# Gentoo 2006.1

## mrbit

Spero che qualcuno mi delucidi a riguardo dell' installazione della nuova gentoo 2006.1, perchè

ho parlato con un amico che ha cercato di installarla sul suo portatile ( credo un IBM..) con il 

risultato di aver danneggiato tutte le partizioni   :Twisted Evil: 

Come potete ben capire .mi sono preoccupato...?????? 

Non so se provarla oppure no....!!!!!!!  :Question: 

Poi la cosa ambigua è che con la gentoo di sabayon rc2 non ha avuto problemi.

----------

## .:deadhead:.

Specifica sempre se l'installazione è avvenuta manualmente o tramite l'installer. Se tramite l'installer, mi spiace, ma se l'installazione è stata fatta seguendo l'handbook (che mai sarà deprecato in favore di qualunque altro tipo di installazione) beh se la deve prendere solo con sè stesso...

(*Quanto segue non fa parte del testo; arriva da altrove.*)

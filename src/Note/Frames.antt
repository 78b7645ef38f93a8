-- ===== src/Note/Frames.antt =====
-- What one side writes, the other reads: ReadFrame after WriteFrame, on a buffer.
use goxo.Base.{
  ℕ, ◌/◌, ◌%◌, ◌^◌, ◌≤◌, ◌<◌, ◌≡◌, refl, ◌∙◌, arith, none, [], ◌∷◌, ◌++◌, length, length-append,
  take-length-append, drop-length-append, ltb, ok, err, if◌then◌else◌,
}
use mathlib.Core.List.{append_assoc}
use goxo.Base.Text.{Str}
use goxo.Note.Wire.{
  max_frame_size, put_uint32, uint32, read_full, read_frame, write_frame, buffer, frame_too_large,
}

-- The bytes of one frame.
abbrev pub frame : Str → Str
frame body = put_uint32 (length body % 2 ^ 32) ++ body

pub read_full_prefix : (xs rest : Str) → read_full (length xs) (xs ++ rest) ≡ ok (xs, rest)
unfolding read_full
read_full_prefix xs rest =
    ground (arith, length-append xs rest, take-length-append xs rest, drop-length-append xs rest)

pub uint32-put_uint32 : (n : ℕ) → n < 2 ^ 32 → uint32 (put_uint32 n) ≡ n
unfolding uint32 put_uint32
uint32-put_uint32 n h = omega arith

pub read_header : (n : ℕ) (s : Str) → read_full 4 (put_uint32 n ++ s) ≡ ok (put_uint32 n, s)
unfolding put_uint32
read_header n s =
    read_full_prefix ((n / 2 ^ 24 % 256) ∷ (n / 2 ^ 16 % 256) ∷ (n / 2 ^ 8 % 256) ∷ (n % 256) ∷ [])
      s

-- A header that announces `n` bytes, with `s` behind it.
pub read_frame_header :
    (n : ℕ) (s : Str)
    → n < 2 ^ 32
    → read_frame (put_uint32 n ++ s)
      ≡ (if ltb max_frame_size n then err frame_too_large else read_full n s)
unfolding read_frame
read_frame_header n s h = rw (read_header n s) (rw (uint32-put_uint32 n h))

-- The length of an admissible body fits the prefix.
pub length_fits : (body : Str) → length body ≤ max_frame_size → length body % 2 ^ 32 ≡ length body
length_fits body h = omega arith

-- A frame of an admissible body is read back, and whatever follows it is left.
pub read_frame-frame :
    (body rest : Str)
    → length body ≤ max_frame_size
    → read_frame (frame body ++ rest) ≡ ok (body, rest)
read_frame-frame body rest h =
    rw (length_fits body h, append_assoc)
      (read_frame_header (length body) (body ++ rest) (omega arith)
        ∙ ground (arith, read_full_prefix body rest))

-- A frame that WriteFrame puts into a buffer.
pub write_frame-buffer :
    (w body : Str)
    → length body ≤ max_frame_size
    → write_frame buffer w (ok body) ≡ (w ++ frame body, none)
unfolding write_frame
write_frame-buffer w body h =
    ground (arith, append_assoc w (put_uint32 (length body % 2 ^ 32)) body)

-- Into an empty buffer WriteFrame puts an admissible body with no error, and ReadFrame on that
-- buffer, whatever is written behind it, gives the body back and leaves just what was behind it.
pub read_frame-write_frame :
    (body rest : Str)
    → length body ≤ max_frame_size
    → ((write_frame buffer [] (ok body)).1 ≡ none)
      × (read_frame ((write_frame buffer [] (ok body)).0 ++ rest) ≡ ok (body, rest))
read_frame-write_frame body rest h =
    rw (write_frame-buffer [] body h) (refl, read_frame-frame body rest h)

Sabayon è basata su gentoo e se vuoi la puoi pure installare sul PC. Una volta installata è come una gentoo normalissima...

----------

## mrbit

Si tramite l'installer, purtroppo...

La cosa che fa rabbia è che con quella di Sabayon va tutto bene al 99%.

Con la gentoo ufficiale ci possono essere questi problemi..!!!!!!!!!!!!!!!!!

----------

## .:deadhead:.

Beh son completamente diversi! Sabayon copia un sistema già compilato e funzionante, il gentoo installer invece crea da 0 il tutto. Non so se i gentoo devel abbiano rilasciato tale sw come stabile... Cmq sia, IL metodo per installare gentoo rimane quello a mano tramite handbook. Tutto il resto è a proprio rischio e pericolo. 

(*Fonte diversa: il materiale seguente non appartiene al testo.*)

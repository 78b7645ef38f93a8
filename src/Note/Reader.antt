-- ===== src/Note/Reader.antt =====
-- Reader.Read and the read loop over a whole stream.
use goxo.Base.{
  ℕ, zero, suc, ◌+◌, ◌≤◌, ◌<◌, ◌≡◌, refl, ◌≢◌, inl, inr, arith, some, List, [], ◌∷◌, ◌++◌, length,
  length-drop, ok, err, Result-cases, ==_iff,
}
use goxo.Base.Text.{Str, str_Eq}
use goxo.Note.{type_emit, type_done, type_pickup}
use goxo.Note.Wire.{
  max_frame_size, uint32, eof, read_frame, read_full, EngineNote, init, deliver, emit_ack, shutdown,
  stamp, engine_type, HandlerNote, Json, NoteError, frame_error, unexpected_type, decode_note, read,
  read_notes,
}
use goxo.Note.Frames.{frame, read_frame-frame}

-- A frame that was read came off the stream: at least the prefix is gone.
read_full_shorter :
    (n : ℕ) (s body rest : Str) → read_full n s ≡ ok (body, rest) → length rest + n ≡ length s
unfolding read_full
read_full_shorter n s body rest h = ground (arith, length-drop n s)

read_frame_shorter : (s body rest : Str) → read_frame s ≡ ok (body, rest) → length rest < length s
unfolding read_frame
read_frame_shorter s body rest h = elim (Result-cases (read_full 4 s)) [
  | inl ((hdr, s'), e) ↦
      ground (arith, read_full_shorter 4 s hdr s', read_full_shorter (uint32 hdr) s' body rest)
  | inr (x, e) ↦ ground arith
]

-- A stream of whole frames, one for each body.
abbrev pub frames : List Str → Str
frames [] = []
frames (b ∷ bs) = frame b ++ frames bs

-- Each body fits a frame and decodes to the note beside it.
abbrev pub Decodes : Json → List Str → List HandlerNote → Type 0
Decodes j [] [] = Unit
Decodes j (b ∷ bs) (n ∷ ns) =
    (length b ≤ max_frame_size) × (decode_note j b ≡ ok n) × Decodes j bs ns
Decodes j _ _ = ⊥

-- A note that was read came off the stream.
pub read_shorter :
    (j : Json) (s : Str) (n : HandlerNote) (rest : Str)
    → read j s ≡ ok (n, rest)
    → length rest < length s
unfolding read
read_shorter j s n rest h = elim (Result-cases (read_frame s)) [
  | inl ((body, s'), e) ↦ ground (arith, read_frame_shorter s body s' e)
  | inr (x, e) ↦ ground arith
]

-- The loop ends on every stream: its fuel does not run out where it exceeds the stream's length.
pub read_notes_total :
    (j : Json) (f : ℕ) (s : Str)
    → length s < f
    → (r : List HandlerNote × NoteError) × (read_notes j f s ≡ some r)
unfolding read_notes
read_notes_total j zero s h = absurd (omega arith)
read_notes_total j (suc f) s h = elim (Result-cases (read j s)) [
  | inr (x, e) ↦ (([], x), rw (e, read_notes))
  | inl ((n, s'), e) ↦
      let (r, e') = read_notes_total j f s' (omega (arith, read_shorter j s n s' e)) in
      ((n ∷ r.0, r.1), rw (e, read_notes) (rw (e', read_notes)))
]

read-frame_step :
    (j : Json) (b rest : Str) (n : HandlerNote)
    → length b ≤ max_frame_size
    → decode_note j b ≡ ok n
    → read j (frame b ++ rest) ≡ ok (n, rest)
unfolding read
read-frame_step j b rest n fits h = rw (read_frame-frame b rest fits) (rw h)

-- A stream of frames whose bodies decode to `ns` is read as just these notes, in their order, and
-- then EOF.
pub read_notes-frames :
    (j : Json) (f : ℕ) (bs : List Str) (ns : List HandlerNote)
    → Decodes j bs ns
    → length (frames bs) < f
    → read_notes j f (frames bs) ≡ some (ns, frame_error eof)
unfolding read_notes
read_notes-frames j zero bs ns d h = absurd (omega arith)
read_notes-frames j (suc f) [] [] d h = unfold read read_frame read_full in refl
read_notes-frames j (suc f) [] (n ∷ ns) d h = absurd d
read_notes-frames j (suc f) (b ∷ bs) [] d h = absurd d
read_notes-frames j (suc f) (b ∷ bs) (n ∷ ns) (fits, dec, d) h =
    rw (read-frame_step j b (frames bs) n fits dec, read_notes)
      (rw (
        read_notes-frames j f bs ns d
            (omega (arith, read_shorter j _ n _ (read-frame_step j b (frames bs) n fits dec))),
        read_notes,
      ))

-- The type of a note decides how it is read: only emit, done and pickup are accepted.
pub decode_note_other :
    (j : Json) (body type : Str)
    → j.type_of body ≡ ok type
    → type ≢ type_emit
    → type ≢ type_done
    → type ≢ type_pickup
    → decode_note j body ≡ err (unexpected_type type)
unfolding decode_note
decode_note_other j body type h e d p =
    ground (arith, ==_iff type type_emit, ==_iff type type_done, ==_iff type type_pickup)

engine_types :
    (n : EngineNote)
    → (engine_type (stamp n) ≢ type_emit)
      × (engine_type (stamp n) ≢ type_done)
      × (engine_type (stamp n) ≢ type_pickup)
unfolding stamp
engine_types (init n) = (λ e. ground arith, λ e. ground arith, λ e. ground arith)
engine_types (deliver n) = (λ e. ground arith, λ e. ground arith, λ e. ground arith)
engine_types (emit_ack n) = (λ e. ground arith, λ e. ground arith, λ e. ground arith)
engine_types (shutdown n) = (λ e. ground arith, λ e. ground arith, λ e. ground arith)

-- An engine→handler note is never taken for a handler's: whatever Writer sends, Read refuses its
-- body by the stamped type.
pub read-engine_note :
    (j : Json) (n : EngineNote) (body rest : Str)
    → length body ≤ max_frame_size
    → j.type_of body ≡ ok (engine_type (stamp n))
    → read j (frame body ++ rest) ≡ err (unexpected_type (engine_type (stamp n)))
unfolding read
read-engine_note j n body rest fits h = rw (read_frame-frame body rest fits) (
    let (e, d, p) = engine_types n in rw (decode_note_other j body (engine_type (stamp n)) h e d p))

Suvvia non preoccuparti e prova. Alla fine avrai imparato un sacco di cose nuove e avrai un sistema su misura, proprio come tu lo vuoi  :Very Happy: 

----------

## .:chrome:.

evidentemente il tuo amico non era capace di installarla

----------

## mrbit

Perche non e capace di installarla !!!!

Dopo quasi 3/4 anni che usa gentoo , non si è piu capce ???? Ha voluto provarla ,tutta qua.

Sono d'accordo con deadhead la soluzione migliore resta sempre quella manuale..

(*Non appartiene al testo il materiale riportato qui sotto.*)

-- ===== src/Note/Truncation.antt =====
-- ReadFrame on a stream that ends inside a frame, or whose prefix announces too much.
use goxo.Base.{
  ℕ, zero, suc, ◌+◌, ◌%◌, ◌^◌, ◌≤◌, ◌<◌, ◌≡◌, ◌∙◌, ◌⊎◌, ◌↔◌, arith, ◌||◌, [], ◌∷◌, ◌++◌, length,
  take, length-take, nat_eq, err, if◌then◌else◌,
}
use goxo.Base.Text.{Str}
use goxo.Note.Wire.{
  max_frame_size, put_uint32, uint32, read_full, read_frame, eof, unexpected_eof, frame_too_large,
}
use goxo.Note.Frames.{frame, read_frame_header, length_fits}

pub read_full_short :
    (n : ℕ) (s : Str)
    → length s < n
    → read_full n s ≡ err (if nat_eq (length s) 0 then eof else unexpected_eof)
unfolding read_full
read_full_short n s h = ground arith

read_frame_short :
    (s : Str)
    → length s < 4
    → read_frame s ≡ err (if nat_eq (length s) 0 then eof else unexpected_eof)
unfolding read_frame
read_frame_short s h = rw (read_full_short 4 s h)

-- A frame that is cut after `k` bytes: the answer is EOF at a frame boundary (`k` is 0), and also
-- right behind the length prefix (`k` is 4); anywhere else it is an unexpected EOF.
pub read_frame-take :
    (body : Str) (k : ℕ)
    → length body ≤ max_frame_size
    → k < 4 + length body
    → read_frame (take k (frame body))
      ≡ err (if nat_eq k 0 || nat_eq k 4 then eof else unexpected_eof)
unfolding put_uint32
read_frame-take body zero fits cut = read_frame_short _ (omega arith)
read_frame-take body (suc zero) fits cut = read_frame_short _ (omega arith)
read_frame-take body (suc (suc zero)) fits cut = read_frame_short _ (omega arith)
read_frame-take body (suc (suc (suc zero))) fits cut = read_frame_short _ (omega arith)
read_frame-take body (suc (suc (suc (suc k)))) fits cut =
    let n = length body % 2 ^ 32 in
    read_frame_header n (take k body) (omega arith)
    ∙ ground (
      arith,
      length_fits body fits,
      length-take k body,
      read_full_short n (take k body) (omega (arith, length_fits body fits, length-take k body)),
    )

-- The answer is EOF in just two cases: at the end of the stream, and where the stream ends right
-- behind the prefix of a frame that is admissible and not empty.
pub read_frame_eof_iff :
    (s : Str)
    → (read_frame s ≡ err eof)
      ↔ ((s ≡ []) ⊎ ((length s ≡ 4) × (0 < uint32 s) × (uint32 s ≤ max_frame_size)))
unfolding read_frame read_full uint32
read_frame_eof_iff [] = ground arith
read_frame_eof_iff (a ∷ []) = ground arith
read_frame_eof_iff (a ∷ b ∷ []) = ground arith
read_frame_eof_iff (a ∷ b ∷ c ∷ []) = ground arith
read_frame_eof_iff (a ∷ b ∷ c ∷ d ∷ []) = ground arith
read_frame_eof_iff (a ∷ b ∷ c ∷ d ∷ e ∷ s) = ground arith

-- A prefix above the limit is refused, whatever follows it: nothing of the body is read.
pub read_frame_too_large :
    (n : ℕ) (s : Str)
    → n < 2 ^ 32
    → (read_frame (put_uint32 n ++ s) ≡ err frame_too_large) ↔ (max_frame_size < n)
unfolding read_full
read_frame_too_large n s h = rw (read_frame_header n s h) (ground arith)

Scusate l'ignoranza , non e argometnto di questo conversazione, ma come si chiude un topic risolto ??

----------

## lavish

 *mrbit wrote:*   

> Scusate l'ignoranza , non e argometnto di questo conversazione, ma come si chiude un topic risolto ??

 

Non si chiude, semplicemente si edita il titolo del primo post e si aggiunge la tag [RISOLTO]

----------

## mrbit

ok, grazie.

----------

## MajinJoko

ma scusa, se era davvero capace di installarla, se da 3/4 anni usa Gentoo, possibile che:

1) usa l'installer grafico?

2) non ha alcuna copia di backup dei propri dati? (se deve manipolare le partizioni, sa benissimo che per un errore banale ci si può giocare dati fondamentali)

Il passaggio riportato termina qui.